Yes, the Federal Government requires every NRA that earns U.S.-source income to file U.S. tax returns, no matter how much revenue is earned or how much liability there is. Any income is taxable unless the law specifically exempts it, and any taxable income must be reported on the tax return. When you itemize, you reduce taxable income by the cost of certain expenses deductible under U.S. tax law. Tax credits reduce tax liabilities by one factor, and tax deductions lower your taxable income.

To get more taxes taken out over the course of a year so that you owe less when you file, you may want to lower your exemption. In addition, you can deduct interest on your student loans, as long as you fit specific income criteria, along with interest on a home mortgage, state and local taxes, and others.

Again when claiming Child Tax Credit on on your taxes, dependents are typically family members, but could also include foster children or adopted children. To claim someone as a dependent for child tax credit, they must be a United States citizen, resident, or national. You must also be the only one claiming them on your return.

child tax credit
child tax credit

Besides about Child Tax Credit.. If you’re wondering which tax form to use, read on for a brief guide.
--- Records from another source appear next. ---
-- ===== src/Disk/Trace.antt =====
-- `read_config` of "Disk Scheduling/disksim.c": what it makes of the lines of a trace.
use mathlib.Core.List.{append-nil, append_assoc}
use operating_system_basics.Base.{
  ℕ, ◌+◌, ◌≡◌, refl, sym, ap, ◌∙◌, Bool, false, Option, none, some, List, [], ◌∷◌, ◌++◌, arith,
  length, All, leb, if◌then◌else◌, Bool-cases, inl, inr, ltb_ℤ, ltb→lt, not-ltb→le, ℤ, pos, ◌-ℤ◌,
  abs, int_laws, eq_of_parts,
}
use operating_system_basics.Base.CString.{strtok, atoi}
use operating_system_basics.LinkedList.{ListHead}
use operating_system_basics.Disk.{Task, Sim}
use operating_system_basics.Disk.Queues.{requests}
use operating_system_basics.Disk.Outcome.{IsLoaded}
use operating_system_basics.Disk.Geometry.{IsPlaced}

-- A line as `fgets` leaves it in the buffer, with its newline.
abbrev pub Line : Type 0
Line = List ℕ

-- `strnlen(buffer, MAX_BUFFER) <= 1`
abbrev pub is_blank : Line → Bool
is_blank l = leb (length l) 1

-- `start = atoi(val)` for the second of the tokens that `:` separates; `none` is the fault of
-- `atoi(NULL)`.
unfoldable pub read_start : Line → Option ℤ
read_start l = elim (strtok (b':' ∷ []) l) [
  | none ↦ none
  | some (token, rest) ↦ elim (strtok (b':' ∷ []) rest) [
    | none ↦ none
    | some (token, rest) ↦ some (atoi token)
  ]
]

module _ (library : ListHead Task) (fresh : Task) where
  open library use {entries, list_add_tail, entries-add_tail}

  -- The task of a line.
  unfoldable pub read_task : ℤ → Line → Task
  read_task start buffer =
      let cylinder = atoi buffer in
      let dist = cylinder -ℤ start in
      record fresh {
        cylinder = cylinder;
        up = if ltb_ℤ (pos 0) dist then 1 else 0;
        dist = abs dist;
      }

  -- The `while` of `read_config`.
  unfoldable pub read_loop : List Line → Sim library fresh → Sim library fresh
  read_loop [] s = s
  read_loop (buffer ∷ lines) s = read_loop lines (
      if is_blank buffer then s else record s {
        srcrq = list_add_tail (read_task s.start buffer) s.srcrq;
        processes = s.processes + 1;
      })

  -- With no line at all the first test reads the buffer that nothing has written: no result.
  unfoldable pub read_config : List Line → Sim library fresh → Option (Sim library fresh)
  read_config [] s = none
  read_config (first ∷ lines) s = if is_blank first then some s else elim (read_start first) [
    | none ↦ none
    | some start ↦ some (read_loop lines (record s { start = start; processes = 0 }))
  ]

  -- The requests of a trace: the lines that are not blank, in order.
  abbrev pub tasks_of : ℤ → List Line → List Task
  tasks_of start [] = []
  tasks_of start (l ∷ ls) =
      if is_blank l then tasks_of start ls else read_task start l ∷ tasks_of start ls

  read_loop_lem :
      (lines : List Line) (s : Sim library fresh)
      → let s' = read_loop lines s in
        (entries s'.srcrq ≡ entries s.srcrq ++ tasks_of s.start lines)
        × (s'.processes ≡ s.processes + length (tasks_of s.start lines))
        × (s'.start ≡ s.start)
        × (s'.out ≡ s.out)
  unfolding read_loop
  read_loop_lem [] s = (sym (append-nil _), omega arith, refl, refl)
  read_loop_lem (l ∷ ls) s = elim (Bool-cases (is_blank l)) [
    | inl e ↦ rw (e, read_loop) (read_loop_lem ls s)
    | inr e ↦
        let t = read_task s.start l in
        let (queue, count, same, out) =
          read_loop_lem ls
            (record s { srcrq = list_add_tail t s.srcrq; processes = s.processes + 1 }) in
        rw (e, read_loop)
          (
            queue
                ∙ ap (λ q. q ++ tasks_of s.start ls) (entries-add_tail t s.srcrq)
                ∙ append_assoc (entries s.srcrq) (t ∷ []) (tasks_of s.start ls),
            omega (arith, count),
            same,
            out,
          )
  ]

  -- The task of a line lies on the side of the start, and at the distance from it, that its fields
  -- say.
  read_task-IsPlaced : (start : ℤ) (l : Line) → IsPlaced start (read_task start l)
  unfolding read_task
  read_task-IsPlaced start l = elim (Bool-cases (ltb_ℤ (pos 0) (atoi l -ℤ start))) [
    | inl e ↦
        let lt = ltb→lt _ _ e in rw e (inl (refl, omega int_laws, eq_of_parts _ _ (omega int_laws)))
    | inr e ↦
        let ge = not-ltb→le _ _ e in
        rw e (inr (refl, omega int_laws, eq_of_parts _ _ (omega int_laws)))
  ]

  tasks_of-IsPlaced : (start : ℤ) (ls : List Line) → All (IsPlaced start) (tasks_of start ls)
  tasks_of-IsPlaced start [] = tt
  tasks_of-IsPlaced start (l ∷ ls) = elim (Bool-cases (is_blank l)) [
    | inl e ↦ rw e (tasks_of-IsPlaced start ls)
    | inr e ↦ rw e (read_task-IsPlaced start l, tasks_of-IsPlaced start ls)
  ]

  -- `read_config`, on a first line with a start and on an empty source queue, queues one task for
  -- each further line that is not blank, in order, counts them in `processes`, and marks each with
  -- its side of the start and its distance from it.
  pub read_config_lem :
      (first : Line) (lines : List Line) (s : Sim library fresh) (start : ℤ)
      → is_blank first ≡ false
      → read_start first ≡ some start
      → entries s.srcrq ≡ []
      → (s' : Sim library fresh) × (read_config (first ∷ lines) s ≡ some s')
        × (s'.start ≡ start)
        × (requests library fresh s' ≡ tasks_of start lines)
        × IsLoaded library fresh s'
        × All (IsPlaced s'.start) (requests library fresh s')
  unfolding read_config
  read_config_lem first lines s start full found empty =
      let s₀ = record s { start = start; processes = 0 } in
      let (queue, count, same, out) = read_loop_lem lines s₀ in
      let whole = queue ∙ ap (λ q. q ++ tasks_of start lines) empty in
      (
        read_loop lines s₀,
        rw (full, found),
        same,
        whole,
        omega (arith, count, ap length whole),
        rw (whole, same) (tasks_of-IsPlaced start lines),
      )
Depending on your situation, you may need to file IRS Form 1040, Schedule C, Schedule B, or Schedule SE.

Form 1040 is individuals’ standard income tax form to report their income and expenses. You’ll need to use Schedule C to report your business income and expenses if you’re a freelancer, contractor, or self-employed person. Meanwhile, Schedule B is used to report interest and dividends of $1,500 or more; any amount less than $1,500 can be reported on Form 1040. Finally, if you pay self-employment taxes, you’ll need to fill out Schedule SE in order to calculate how much tax you owe.

What is a 1099? 

1099 forms are used to report income from sources other than employment. This includes income from self-employment, interest, dividends, rents, royalties, and other miscellaneous sources. You will receive a 1099 statement in the mail, just as a W-2 form for employment income.

How does Short-term disability benefits work?

Short-term disability benefits are taxable and subject to earned income, Social Security, and Medicare taxes. Amounts of commuter benefits A commuter benefit is not subject to income, Social Security, Medicare, state, and city taxes. Pension contributions are not subject to federal income taxes but state, city, Social Security, and Medicare taxes.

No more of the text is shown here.